▶ Work order
Count the lines in the data below where the string "cases" occurs, please, and give the number alone.

▶ Stored items
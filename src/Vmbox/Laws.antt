-- ===== src/Vmbox/Laws.antt =====
-- What the mailbox answers, and when it ends the task.
use Prim.Native.Nat.{bit_and, bit_or}
use avisor.Prelude.{
  ℕ, ◌+◌, ◌*◌, ◌%◌, ◌<◌, ◌^◌, ◌≡◌, ◌⊎◌, inl, inr, refl, ap, ◌∙◌, true, ◌==◌, if◌then◌else◌, arith,
  ==_iff, Bool-cases,
}
use avisor.Prelude.Bits.{complement, bit_or-lt}
use avisor.Pages.{Machine}
use avisor.Stage2.{Mm, check_task_page_mapped}
use avisor.Vmbox.{
  answer, mbox_response, emulate_mbox_read, get_board_serial, get_arm_memory, set_power_state,
  mbox_chan_tags, mbox_read, handle_mbox_read, load32, store32, word, set_word, Mbox, mbox_write,
  bus_to_phys, emulate_mbox_write, handle_mbox_write,
}

-- The address of the buffer that a write of `val` hands over.
abbrev pub buffer_of : ℕ → ℕ
buffer_of val = bit_and (bus_to_phys val) (complement 64 0xf)

-- Only a write of the address of a buffer that is not mapped ends the task.
pub handle_mbox_write-alive :
    (gv2m : ℕ → ℕ) (m : Machine) (mm : Mm) (b : Mbox) (addr val : ℕ)
    → (handle_mbox_write gv2m m mm b addr val).0
      ≡ (if addr == mbox_write then (check_task_page_mapped m mm (buffer_of val)).0 else true)
unfolding handle_mbox_write emulate_mbox_write
handle_mbox_write-alive gv2m m mm b addr val = elim (Bool-cases (addr == mbox_write)) [
  | inl e ↦ rw e refl
  | inr e ↦ rw e refl
]

-- The words of a buffer are its own.
load32-store32 :
    (mem : ℕ → ℕ) (a b v : ℕ)
    → a % 4 ≡ 0
    → b % 4 ≡ 0
    → v < 2 ^ 32
    → load32 (store32 mem a v) b ≡ (if b == a then v else load32 mem b)
load32-store32 mem a b v ha hb hv = ground arith

-- A buffer as the firmware wants it.
abbrev pub IsAligned : Mbox → Type 0
IsAligned b = b.buffer % 16 ≡ 0

word-set_word :
    (b : Mbox) (mem : ℕ → ℕ) (i j v : ℕ)
    → IsAligned b
    → v < 2 ^ 32
    → word b (set_word b mem i v) j ≡ (if j == i then v else word b mem j)
word-set_word b mem i j v h hv =
    load32-store32 mem (b.buffer + 4 * i) (b.buffer + 4 * j) v (omega arith) (omega arith) hv
    ∙ same_test
  where
    same_test :
        (if b.buffer + 4 * j == b.buffer + 4 * i then v else word b mem j)
        ≡ (if j == i then v else word b mem j)
    same_test = ground arith

answer_lem :
    (b : Mbox) (mem : ℕ → ℕ) (i : ℕ)
    → IsAligned b
    → word b mem 3 < 2 ^ 32
    → word b (answer b mem) i ≡ (
        if i == 4
        then bit_or mbox_response (word b mem 3)
        else if i == 1
        then mbox_response
        else word b mem i)
unfolding answer
answer_lem b mem i h size =
    let mem₁ = set_word b mem 1 mbox_response in
    let kept : word b mem₁ 3 ≡ word b mem 3 =
      word-set_word b mem 1 3 mbox_response h (omega arith) in
    word-set_word b mem₁ 4 i (bit_or mbox_response (word b mem₁ 3)) h
      (rw kept (bit_or-lt 32 mbox_response (word b mem 3) (omega arith) size))
    ∙ rw kept (
        ap (λ x. if i == 4 then bit_or mbox_response (word b mem 3) else x)
          (word-set_word b mem 1 i mbox_response h (omega arith)))

-- The buffer of a request for the tag, after its answer: the words 1 and 4 say that it is one, and
-- the words 5 and 6 hold the value. A power state keeps the device in word 5.
abbrev pub response : (tag : ℕ) → (ℕ → ℕ) → ℕ → ℕ
response tag old i =
    if i == 1
    then mbox_response
    else if i == 4
    then bit_or mbox_response (old 3)
    else if i == 5
    then if tag == set_power_state then old 5 else 0
    else if i == 6
    then if tag == get_arm_memory then 0x3c000000 else if tag == set_power_state then 1 else 0
    else old i

abbrev pub IsKnownTag : ℕ → Type 0
IsKnownTag tag = (tag ≡ get_arm_memory) ⊎ (tag ≡ get_board_serial) ⊎ (tag ≡ set_power_state)

-- A request of the tags channel.
abbrev pub IsRequest : Mbox → (ℕ → ℕ) → Type 0
IsRequest b mem = (bit_and b.val 0xf ≡ mbox_chan_tags) × (word b mem 1 ≡ 0)

-- A value of two words behind an answer.
two_words :
    (b : Mbox) (mem : ℕ → ℕ) (i v : ℕ)
    → IsAligned b
    → v < 2 ^ 32
    → word b (set_word b (set_word b mem 5 0x0) 6 v) i
      ≡ (if i == 6 then v else if i == 5 then 0 else word b mem i)
two_words b mem i v h hv =
    word-set_word b (set_word b mem 5 0x0) 6 i v h hv
    ∙ ap (λ x. if i == 6 then v else x) (word-set_word b mem 5 i 0x0 h (omega arith))

-- The order of the stores does not matter.
arrange :
    (i x1 x4 x5 x6 x : ℕ)
    → (if i == 6
        then x6
        else if i == 5
        then x5
        else if i == 4
        then x4
        else if i == 1
        then x1
        else x)
      ≡ (if i == 1
          then x1
          else if i == 4
          then x4
          else if i == 5
          then x5
          else if i == 6
          then x6
          else x)
arrange i x1 x4 x5 x6 x = ground arith

value_lem :
    (b : Mbox) (mem : ℕ → ℕ) (i v : ℕ)
    → IsAligned b
    → word b mem 3 < 2 ^ 32
    → v < 2 ^ 32
    → word b (set_word b (set_word b (answer b mem) 5 0x0) 6 v) i ≡ (
        if i == 1
        then mbox_response
        else if i == 4
        then bit_or mbox_response (word b mem 3)
        else if i == 5
        then 0
        else if i == 6
        then v
        else word b mem i)
value_lem b mem i v h size hv =
    two_words b (answer b mem) i v h hv
    ∙ ap (λ x. if i == 6 then v else if i == 5 then 0 else x) (answer_lem b mem i h size)
    ∙ arrange i mbox_response (bit_or mbox_response (word b mem 3)) 0 v (word b mem i)

-- Without word 5.
state_lem :
    (b : Mbox) (mem : ℕ → ℕ) (i : ℕ)
    → IsAligned b
    → word b mem 3 < 2 ^ 32
    → word b (set_word b (answer b mem) 6 0x1) i ≡ (
        if i == 1
        then mbox_response
        else if i == 4
        then bit_or mbox_response (word b mem 3)
        else if i == 5
        then word b mem 5
        else if i == 6
        then 1
        else word b mem i)
state_lem b mem i h size =
    word-set_word b (answer b mem) 6 i 0x1 h (omega arith)
    ∙ ap (λ x. if i == 6 then 1 else x) (answer_lem b mem i h size ∙ same)
    ∙ arrange i mbox_response (bit_or mbox_response (word b mem 3)) (word b mem 5) 1 (word b mem i)
  where
    same :
        (if i == 4
          then bit_or mbox_response (word b mem 3)
          else if i == 1
          then mbox_response
          else word b mem i)
        ≡ (if i == 5
            then word b mem 5
            else if i == 4
            then bit_or mbox_response (word b mem 3)
            else if i == 1
            then mbox_response
            else word b mem i)
    same = elim (Bool-cases (i == 5)) [ inl e ↦ rw ((==_iff i 5).0 e) refl | inr e ↦ rw e refl ]

emulate_mbox_read_lem :
    (b : Mbox) (mem : ℕ → ℕ) (i : ℕ)
    → IsAligned b
    → word b mem 3 < 2 ^ 32
    → IsRequest b mem
    → IsKnownTag (word b mem 2)
    → word b (emulate_mbox_read b mem) i ≡ response (word b mem 2) (word b mem) i
unfolding emulate_mbox_read
emulate_mbox_read_lem b mem i h size (tags, request) (inl tag) =
    rw (tags, request, tag) (value_lem b mem i 0x3c000000 h size (omega arith))
emulate_mbox_read_lem b mem i h size (tags, request) (inr (inl tag)) =
    rw (tags, request, tag) (value_lem b mem i 0x0 h size (omega arith))
emulate_mbox_read_lem b mem i h size (tags, request) (inr (inr tag)) =
    rw (tags, request, tag) (state_lem b mem i h size)

-- A VM that has handed over a 16-byte aligned buffer with a request for a tag that the hypervisor
-- knows reads the mailbox register: it gets back what it wrote there, the buffer holds the answer,
-- and every other word counted from the buffer's start is as it was.
pub handle_mbox_read_lem :
    (m : Machine) (b : Mbox) (i : ℕ)
    → IsAligned b
    → word b m.mem 3 < 2 ^ 32
    → IsRequest b m.mem
    → IsKnownTag (word b m.mem 2)
    → let (val, b', m') = handle_mbox_read m b mbox_read in
      (val ≡ b.val)
      × (b' ≡ b)
      × (m'.pool ≡ m.pool)
      × (word b m'.mem i ≡ response (word b m.mem 2) (word b m.mem) i)
unfolding handle_mbox_read
handle_mbox_read_lem m b i h size request tag =
    (refl, refl, refl, emulate_mbox_read_lem b m.mem i h size request tag)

▶ Worked solution
3